Plotting Graphs to fit the Data

[Jimmy87]

Homework Statement

Hi, we investigated how the length of a pendulum affects the time period of oscillation. We collected data by changing the length (l) of the pendulum and measuring the time period (T). We then squared the T value before plotting it on the y-axis and on the x-axis we just plotted 'l'. This gives a straight line graph.

Homework Equations

T = 2 pi sqrt (l/g)

The Attempt at a Solution

My problem is that in physics we get marked down if our data points do not occupy most of the graph paper. The problem I have is that my first value of T squared is quite far away from zero.

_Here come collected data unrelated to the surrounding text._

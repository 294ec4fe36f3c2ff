-- ===== src/Decide.antt =====
-- `decideCycle` of packages/core/src/decide.ts, one stage for each of its steps, in its order:
-- DUE, GUARDIAN, WINDOW, BUDGET, ASSET, PRICE, QUOTE, EXECUTE.
mod Input
mod Budgeting
mod Asset
mod Unavailable
mod Quoting
pub mod Flows
pub mod Choice
pub mod Limits
pub mod Gates
pub mod Execution
pub mod Redeem
pub mod Holds
pub mod Quiet
pub mod QuietStages
pub mod Asks
pub mod Bought
pub mod Tests
unfoldable pub use Input.*
unfoldable pub use Budgeting.*
unfoldable pub use Asset.*
unfoldable pub use Unavailable.*
unfoldable pub use Quoting.*
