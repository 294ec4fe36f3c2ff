-- ===== src/Decide/Flows.antt =====
-- A stage that goes on: each step of it went on. The continuation gets what the step gave.
use new_bnbhack.Common.{ℕ, ◌≡◌, refl, Bool, true, false, Error, Result, ok, err, arith}
use new_bnbhack.Common.Text.{Text}
use new_bnbhack.Amounts.{to_units}
use new_bnbhack.Decide.{
  Flow, throws, answers, goes_on, Answer, ◌>>=◌, ◌>>◌, lift, units, answer_if, throw_if,
}

module _ {ℓ κ μ} {A : Type ℓ} {B : Type κ} {C : Type μ} where
  pub bind_goes_on :
      (m : Flow A) (f : A → Flow B) {b : B}
      → (m >>= f) ≡ goes_on b
      → ((a : A) → m ≡ goes_on a → f a ≡ goes_on b → C)
      → C
  bind_goes_on (goes_on a) f h k = k a refl h
  bind_goes_on (throws e) f h k = absurd (cc)
  bind_goes_on (answers d) f h k = absurd (cc)

module _ {ℓ} {A : Type ℓ} where
  pub lift-eq-goes_on : (r : Result A) {a : A} → lift r ≡ goes_on a → r ≡ ok a
  lift-eq-goes_on (ok a) h = ground arith
  lift-eq-goes_on (err e) h = absurd (cc)

  pub goes_on-injective : (a b : A) → ◌≡◌ {A = Flow A} (goes_on a) (goes_on b) → a ≡ b
  goes_on-injective a b h = ground arith

module _ {κ μ} {B : Type κ} {C : Type μ} where
  pub units_goes_on :
      (t : Text) (f : ℕ → Flow B) {b : B}
      → (units t >>= f) ≡ goes_on b
      → ((n : ℕ) → to_units t 18 ≡ ok n → f n ≡ goes_on b → C)
      → C
  units_goes_on t f h k =
      bind_goes_on (units t) f h λ n read rest. k n (lift-eq-goes_on (to_units t 18) read) rest

  pub answer_goes_on :
      (test : Bool) (d : Answer) (rest : Flow B) {b : B}
      → (answer_if test d >> rest) ≡ goes_on b
      → (test ≡ false → rest ≡ goes_on b → C)
      → C
  answer_goes_on true d rest h k = absurd (cc)
  answer_goes_on false d rest h k = k refl h

  pub throw_goes_on :
      (test : Bool) (e : Error) (rest : Flow B) {b : B}
      → (throw_if test e >> rest) ≡ goes_on b
      → (test ≡ false → rest ≡ goes_on b → C)
      → C
  throw_goes_on true e rest h k = absurd (cc)
  throw_goes_on false e rest h k = k refl h

  pub then_goes_on :
      (m : Flow (Unit {0})) (rest : Flow B) {b : B}
      → (m >> rest) ≡ goes_on b
      → (m ≡ goes_on tt → rest ≡ goes_on b → C)
      → C
  then_goes_on (goes_on a) rest h k = k refl h
  then_goes_on (throws e) rest h k = absurd (cc)
  then_goes_on (answers d) rest h k = absurd (cc)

This leaves a big gap for the first part of the graph. There seems to be two ways it suggests online to overcome this. Either put a break in the y-axis (a sort of squiggle) and then start close to the first value collected. The other method says to just start your graph not at zero but at a value close to your first reading. Is it ok to start a graph at somewhere other than zero? If so, what is the point in the method that uses a break in the axis? It seems like a waste of graph space if you can just start it at a non zero value. Is it ok to actually start the y-axis at the exact value of your first reading if it is a nice even number e.g. 6.0? Or is it better to start at say 5.0?

Thanks for any help!

 

[phinds]

My problem is that in physics we get marked down if our data points do not occupy most of the graph paper.

I consider that fairly ridiculous as a general statement but the prof is always right (and there ARE cases where it would make good sense). I'd start w/ the first integer below the first value (on both axis if that is needed. Just be SURE to label carefully.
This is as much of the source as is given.